The actual scientific and practical problem of increasing the effectiveness of computer linguistic steganography countering based on the development and implementation of the method of the textual information semantic compression with loss based on discourse analysis is solved in the thesis. The method of the textual information semantic compression for counteracting computer linguistic steganography is presented. It provides an attack on the linguistic stegosystem to remove or destroy the main part of a stegomessage by semantic compression of the text, taking into account the wide range of steganography means and the initial semantic structure of the text. The method consists of five stages: automated linguistic analysis of the text, evaluating its comprehension and allocation of the basic meaning, compression, modification and formation of the final text after making changes. The method fully provides a comprehensive steganalysis of textual data on the basis of discursive analysis and is effectively allocated by the ability of meaningless and artificially generated texts detection and compression. The new concept of discursive analysis helps to study texts of any subject and style. Methods of text abstracting, on which the compression is based and methods of morphological and syntactic analysis, on which the research of discourse is based, are adapted to take into account the possible use of means of steganography. Mathematical methods of attacking the stegosystem are effectively and harmoniously combined with linguistic methods of analysis with the help of natural languages formal grammars elements and intensional logic, the peculiarities of which use determine the developed concept for discursive analysis.
On the basis of the developed method, a program complex was implemented that detects the presence of the text modification traces by the means of linguistic steganography and makes changes to the text by its compression and modification without losing the semantic structure and semantic loading in order to remove the possible stegomessage. So, the automation of the text-research process is achieved in order to detect the presence of a hidden message in it. It provides a significant increase in the efficiency of textual data large arrays in English processing. The system of the software complex protection from the overload is implemented, which prevents the increase of the execution time for more than 20,000 milliseconds. The modular structure of the developed software complex allows to cover a wide range of threats and to adapt the software for specific conditions. Flexible two-stage setting allows to distribute executable functions between the subsystems and to increase the efficiency of the system depending on the required practical task.

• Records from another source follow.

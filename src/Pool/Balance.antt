-- ===== src/Pool/Balance.antt =====
-- The smooth weights of `_select_group_locked` even out.
use infly.Prelude.{ℕ, ◌+◌, ◌≡◌, String, List, [], ◌∷◌, arith}
use infly.Prelude.Exec.{ok, raise, and_then}
use infly.Prelude.Int.{ℤ, pos, pos_part, neg_part, ◌+ℤ◌, ◌-ℤ◌, +ℤ_parts, -ℤ_parts, eq_of_parts}
use infly.Dict.{Dict, get, insert}
use infly.Core.Errors.{Outcome}
use infly.Pool.State.{Pool, System, or_zero}
use infly.Pool.Routing.{
  Ranked, rank_all, highest, take_highest, select_group, weights_of, add_weights, total,
}
use infly.Pool.Search.{AreKnown, RanksKnown, rank_all-RanksKnown}

unfoldable pub sum : Dict ℤ → ℤ
sum [] = pos 0
sum ((k, v) ∷ d) = v +ℤ sum d

-- A write changes the sum by what it changes the entry.
sum-insert :
    (k : String) (v : ℤ) (d : Dict ℤ)
    → pos_part (sum (insert k v d)) + pos_part (or_zero (get k d)) + neg_part (sum d) + neg_part v
      ≡ neg_part (sum (insert k v d)) + neg_part (or_zero (get k d)) + pos_part (sum d) + pos_part v
unfolding sum insert get
sum-insert k v [] = ground (arith, +ℤ_parts v (pos 0))
sum-insert k v ((j, w) ∷ d) = ground (
  arith,
  sum-insert k v d,
  +ℤ_parts v (sum d),
  +ℤ_parts w (sum d),
  +ℤ_parts w (sum (insert k v d)),
)

sum-add_weights :
    (weights : Dict ℕ) (smooth : Dict ℤ)
    → pos_part (sum (add_weights weights smooth)) + neg_part (sum smooth)
      ≡ neg_part (sum (add_weights weights smooth)) + pos_part (sum smooth) + total weights
unfolding add_weights total
sum-add_weights [] smooth = omega arith
sum-add_weights ((g, n) ∷ weights) smooth =
    let old = or_zero (get g smooth) in
    omega (
      arith,
      sum-add_weights weights (insert g (old +ℤ pos n) smooth),
      sum-insert g (old +ℤ pos n) smooth,
      +ℤ_parts old (pos n),
    )

-- The outcome of a selection, and what the weights then add up to.
abbrev pub SumsTo : ℤ → Outcome String × Pool → Type 0
SumsTo s (raise e, p) = ⊥
SumsTo s (ok g, p) = sum p.smooth_weights ≡ s

-- A selection among groups of the pool, of which there is one, raises nothing, and the smooth
-- weights add up to what they did before: what the groups gain by their live workers, the selected
-- one pays.
pub select_group-SumsTo :
    (sys : System) (g : String) (gs : List String) (p : Pool)
    → AreKnown p.groups (g ∷ gs)
    → SumsTo (sum p.smooth_weights) (select_group sys (g ∷ gs) p)
unfolding select_group take_highest
select_group-SumsTo sys g gs p a =
    let weights = weights_of sys p (g ∷ gs) [] in
    go weights (rank_all p.groups (add_weights weights p.smooth_weights) (g ∷ gs))
      (rank_all-RanksKnown p.groups (add_weights weights p.smooth_weights) (g ∷ gs) a)
  where
    paid :
        (weights : Dict ℕ) (selected : String)
        → let smooth = add_weights weights p.smooth_weights in
          sum (insert selected (or_zero (get selected smooth) -ℤ pos (total weights)) smooth)
          ≡ sum p.smooth_weights
    paid weights selected =
        let smooth = add_weights weights p.smooth_weights in
        let old = or_zero (get selected smooth) in
        let new = old -ℤ pos (total weights) in
        eq_of_parts (sum (insert selected new smooth)) (sum p.smooth_weights) (
          omega (
            arith,
            sum-add_weights weights p.smooth_weights,
            sum-insert selected new smooth,
            -ℤ_parts old (pos (total weights)),
          ))

    go :
        (weights : Dict ℕ) (r : Outcome (List Ranked))
        → RanksKnown p.groups (g ∷ gs) r
        → SumsTo (sum p.smooth_weights) (
            and_then r
              (take_highest (total weights))
              (record p { smooth_weights = add_weights weights p.smooth_weights }))
    go weights (raise e) k = k
    go weights (ok []) k = absurd (omega (arith, k.1))
    go weights (ok (r ∷ rs)) k = paid weights (highest r rs).name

The experimental study, which proved the efficiency and effectiveness of the method and the software complex, developed on its basis, was carried out. It has been found that compression efficiency ranges from 64% for sentences to 79% for meaningful texts and 93% for meaningless texts. At the same time, the probability of the stegomessage removal on average is not lower than 98.65%. Due to the complex approach and the wide range of possible threats, the effectiveness of the attack on the stegosystem increases, although at the same time with the volume of text increasing, the probability of steganalization mistakes occurrence of the first (perception of an empty container as a filled) type and the second (perception of a filled container as an empty) type increases too. Also, the developed system of steganalysis covers a much wider spectrum of investigated elements according to the tasks of the research and provides a significantly higher index of stegoattack efficiency than in the use of similar steganalizers. Comparison with existing abstracting systems has proven the efficiency of using the developed system for steganography tasks, and also revealed a higher compression ratio of the text. The created method takes into account the available methods of textual steganography and is effective in counteracting current threats.
A comprehensive approach to steganalization and compression opens up a wide range of possibilities for application of the software complex, realized by the method for solving many practical tasks of cybersecurity.
Keywords: computer linguistic steganography, semantic compression of the text, textual styganalysis, automated steganalysis, determination of the textual meaningfulness, attack on the linguistic stegosystem, counteraction the computer linguistic steganography, linguistic stegosystem, computer steganalysis, attack by compression.